Why this still matters to fans

Beyond trivia, comparing ages at big moments helps fans measure development curves. Teams that give young QBs playoff snaps early tend to learn faster (for better or worse). So searches like “youngest qb to start super bowl” reflect a deeper curiosity: when can a team reasonably expect a young QB to be ready for the biggest stage?

Sources and further reading

For primary reference material and exact dates, I use official records and player pages. A solid place to verify Super Bowl game dates and player bios is the NFL’s historical pages and player profiles, plus consolidated season and player data on Pro-Football-Reference. Wikipedia also summarizes player careers and Super Bowl appearances (helpful for quick cross-checks): Super Bowl history and player pages at Wikipedia: Super Bowl.

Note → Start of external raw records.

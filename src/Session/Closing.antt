-- ===== src/Session/Closing.antt =====
-- How often the channel of a client is closed, and its hook called, whatever a program does with it.
use mathlib.Core.List.{append-nil, append_assoc}
use conduit_client_python.Prelude.{
  ℕ, suc, ◌+◌, ◌≡◌, refl, ◌∙◌, sym, ap, ◌⊎◌, inl, inr, Bool-cases, Bool, true, false, Option, none,
  some, List, [], ◌∷◌, ◌++◌, All, arith,
}
use conduit_client_python.Errors.{Exception, Outcome, raised, Outcome-cases}
use conduit_client_python.Exec.{Exec}
use conduit_client_python.Client.{
  Engine, Event, opened_channel, called, closed_channel, hooked, slept, World, close,
}
use conduit_client_python.Client.Close.{close_events, trace-close, close_closed, closed-close}
use conduit_client_python.Session.{
  with_client, Step, runs, asks_info, asks_status, stops, waits, closes, Session, begun, then_step,
}
use conduit_client_python.Session.Quiet.{
  IsQuiet, Quietly, run-IsQuietly, get_engine_info-IsQuietly, stop-IsQuietly, status-IsQuietly,
  wait_running-Quietly,
}

-- How often the channel has been closed.
pub closures : List Event → ℕ
closures [] = 0
closures (closed_channel ∷ es) = suc (closures es)
closures (hooked ∷ es) = closures es
closures (called r timeout ∷ es) = closures es
closures (slept d ∷ es) = closures es
closures (opened_channel secure addr ∷ es) = closures es

-- How often the hook has been called.
pub hook_calls : List Event → ℕ
hook_calls [] = 0
hook_calls (hooked ∷ es) = suc (hook_calls es)
hook_calls (closed_channel ∷ es) = hook_calls es
hook_calls (called r timeout ∷ es) = hook_calls es
hook_calls (slept d ∷ es) = hook_calls es
hook_calls (opened_channel secure addr ∷ es) = hook_calls es

abbrev pub once_if : Bool → ℕ
once_if true = 1
once_if false = 0

-- A client that has no hook calls none.
abbrev pub hooks_if {ℓ} : {A : Type ℓ} → Option A → Bool → ℕ
hooks_if none b = 0
hooks_if (some _) b = once_if b

closures-append : (xs ys : List Event) → closures (xs ++ ys) ≡ closures xs + closures ys
unfolding closures
closures-append [] ys = omega arith
closures-append (closed_channel ∷ xs) ys = omega (arith, closures-append xs ys)
closures-append (hooked ∷ xs) ys = closures-append xs ys
closures-append (called r timeout ∷ xs) ys = closures-append xs ys
closures-append (slept d ∷ xs) ys = closures-append xs ys
closures-append (opened_channel secure addr ∷ xs) ys = closures-append xs ys

hook_calls-append : (xs ys : List Event) → hook_calls (xs ++ ys) ≡ hook_calls xs + hook_calls ys
unfolding hook_calls
hook_calls-append [] ys = omega arith
hook_calls-append (hooked ∷ xs) ys = omega (arith, hook_calls-append xs ys)
hook_calls-append (closed_channel ∷ xs) ys = hook_calls-append xs ys
hook_calls-append (called r timeout ∷ xs) ys = hook_calls-append xs ys
hook_calls-append (slept d ∷ xs) ys = hook_calls-append xs ys
hook_calls-append (opened_channel secure addr ∷ xs) ys = hook_calls-append xs ys

quiet_closes_nothing : (es : List Event) → All IsQuiet es → (closures es ≡ 0) × (hook_calls es ≡ 0)
unfolding closures hook_calls
quiet_closes_nothing [] h = (refl, refl)
quiet_closes_nothing (called r timeout ∷ es) h = quiet_closes_nothing es h.1
quiet_closes_nothing (slept d ∷ es) h = quiet_closes_nothing es h.1
quiet_closes_nothing (closed_channel ∷ es) h = absurd h.0
quiet_closes_nothing (hooked ∷ es) h = absurd h.0
quiet_closes_nothing (opened_channel secure addr ∷ es) h = absurd h.0

closing_counts {ℓ} :
    {A : Type ℓ} (on_close : Option A)
    → (closures (close_events on_close) ≡ 1)
      × (hook_calls (close_events on_close) ≡ hooks_if on_close true)
unfolding closures hook_calls
closing_counts none = (refl, refl)
closing_counts (some _) = (refl, refl)

hooks_if-false {ℓ} : {A : Type ℓ} (on_close : Option A) → hooks_if on_close false ≡ 0
hooks_if-false none = refl
hooks_if-false (some _) = refl

module _ (E : Engine) (on_close : Option (E.State → Outcome (Unit {0}) × E.State)) where
  -- Since a client was open: its channel has been closed once if the client is closed, and else not,
  -- and so has its hook been called, if it has one. Nothing of the trace is lost.
  pub record ClosedOnce (start w : World E.State) : Type 0 where
    pub events : List Event
    pub trace : w.trace ≡ start.trace ++ events
    pub channel : closures events ≡ once_if w.closed
    pub hook : hook_calls events ≡ hooks_if on_close w.closed

  module _ (start : World E.State) where
    ClosedOnce-Quietly :
        (w v : World E.State) → ClosedOnce start w → Quietly E w v → ClosedOnce start v
    ClosedOnce-Quietly w v kept step =
        let (no_close, no_hook) = quiet_closes_nothing step.events step.quiet in
        record {
          events = kept.events ++ step.events;
          trace = rw (step.trace, kept.trace, append_assoc) refl;
          channel =
              rw (step.closed)
                (closures-append kept.events step.events ∙ omega (arith, kept.channel, no_close));
          hook =
              rw (step.closed)
                (hook_calls-append kept.events step.events ∙ omega (arith, kept.hook, no_hook));
        }

    ClosedOnce-close :
        (w : World E.State) → ClosedOnce start w → ClosedOnce start (close E on_close w).1
    ClosedOnce-close w kept = elim (Bool-cases w.closed) [
      | inl shut ↦ rw (close_closed E on_close w shut) kept
      | inr opened ↦
          let (channel, hook) = closing_counts on_close in
          let no_close : closures kept.events ≡ 0 = kept.channel ∙ ap once_if opened in
          let no_hook : hook_calls kept.events ≡ 0 =
            kept.hook ∙ ap (hooks_if on_close) opened ∙ hooks_if-false on_close in
          record {
            events = kept.events ++ close_events on_close;
            trace = rw (trace-close E on_close w opened, kept.trace, append_assoc) refl;
            channel = rw (closed-close E on_close w) (
                closures-append kept.events (close_events on_close)
                ∙ omega (arith, no_close, channel));
            hook = rw (closed-close E on_close w) (
                hook_calls-append kept.events (close_events on_close)
                ∙ omega (arith, no_hook, hook));
          }
    ]

    ClosedOnce-Step :
        {w v : World E.State} {r : Outcome (Unit {0})}
        → Step E on_close w r v
        → ClosedOnce start w
        → ClosedOnce start v
    ClosedOnce-Step {w} (runs p go timeout) kept =
        ClosedOnce-Quietly w _ kept (run-IsQuietly E p go timeout w)
    ClosedOnce-Step {w} (asks_info timeout) kept =
        ClosedOnce-Quietly w _ kept (get_engine_info-IsQuietly E timeout w)
    ClosedOnce-Step {w} (asks_status handle timeout) kept =
        ClosedOnce-Quietly w _ kept (status-IsQuietly E handle timeout w)
    ClosedOnce-Step {w} (stops handle force timeout) kept =
        ClosedOnce-Quietly w _ kept (stop-IsQuietly E handle force timeout w)
    ClosedOnce-Step {w} (waits format handle timeout poll_interval fuel result e) kept =
        ClosedOnce-Quietly w _ kept
          (wait_running-Quietly E format handle timeout poll_interval fuel w result e)
    ClosedOnce-Step {w} closes kept = ClosedOnce-close w kept

    -- Whatever calls a program makes on a client that is open at first, in whatever order and with
    -- whatever results: its channel has been closed once if the client is closed, and else not at all,
    -- its hook has been called as often, if it has one, and the trace has only grown.
    pub Session-ClosedOnce :
        {results : List (Outcome (Unit {0}))} {w : World E.State}
        → start.closed ≡ false
        → Session E on_close start results w
        → ClosedOnce start w
    unfolding closures hook_calls
    Session-ClosedOnce opened begun = record {
      events = [];
      trace = sym (append-nil start.trace);
      channel = sym (ap once_if opened);
      hook = sym (ap (hooks_if on_close) opened ∙ hooks_if-false on_close);
    }
    Session-ClosedOnce opened (then_step before step) =
        ClosedOnce-Step step (Session-ClosedOnce opened before)

    -- Behind a `with` block whose body makes any calls on the client, and may close it itself, and
    -- whether it returns or raises, the client is closed, its channel has been closed once and its
    -- hook called once, if it has one; and the block returns or raises what its body does, unless the
    -- close of the client has raised: then it raises that.
    pub with_client-ClosedOnce :
        {A : Type 0} (body : Exec (World E.State) A) (results : List (Outcome (Unit {0})))
        → start.closed ≡ false
        → Session E on_close start results (body start).1
        → ((with_client E on_close body start).1.closed ≡ true)
          × ClosedOnce start (with_client E on_close body start).1
          × (((with_client E on_close body start).0 ≡ (body start).0)
              ⊎ ((x : Exception) × ((close E on_close (body start).1).0 ≡ raised x)
                  × ((with_client E on_close body start).0 ≡ raised x)))
    unfolding with_client
    with_client-ClosedOnce body results opened session = (
      closed-close E on_close (body start).1,
      ClosedOnce-close (body start).1 (Session-ClosedOnce opened session),
      elim (Outcome-cases (close E on_close (body start).1).0) [
        | inl (u, e) ↦ inl (rw e refl)
        | inr (x, e) ↦ inr (x, e, rw e refl)
      ],
    )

Bottom line: how to answer the question correctly

If someone asks “who is the youngest QB to win the Super Bowl?” answer: Ben Roethlisberger. If they mean “youngest QB to start or to play in a Super Bowl?” answer: Dan Marino. Say which category you mean — and you’ll look smarter than 80% of timeline-commenters on social feeds.

If you want more — a quick verification routine

Do this before you post or argue a trivia point: check the QB’s birthday, check the Super Bowl kickoff date, calculate the age in years and days, and cite a primary source (NFL or Pro-Football-Reference). That routine avoids sloppy recirculation of phrases like “youngest super bowl qb” without context.

So next time a viral clip asks “Who was the youngest?” you’ll be the one who answers precisely: start vs play vs win — and you can cite Dan Marino for the former and Ben Roethlisberger for the latter.

Frequently Asked Questions

Ben Roethlisberger is the youngest quarterback to win a Super Bowl; he led the Pittsburgh Steelers to victory in Super Bowl XL while 23 years old.

Dan Marino was the youngest to start and therefore to play in a Super Bowl when he started Super Bowl XIX at age 23; he was younger at kickoff than many other notable young starters.

Because casual mentions collapse the distinctions: a QB who plays off the bench may be younger than a starter, a starter may lose the game, and only the winning QB qualifies for the ‘youngest to win’ title. Always check which category is being referenced.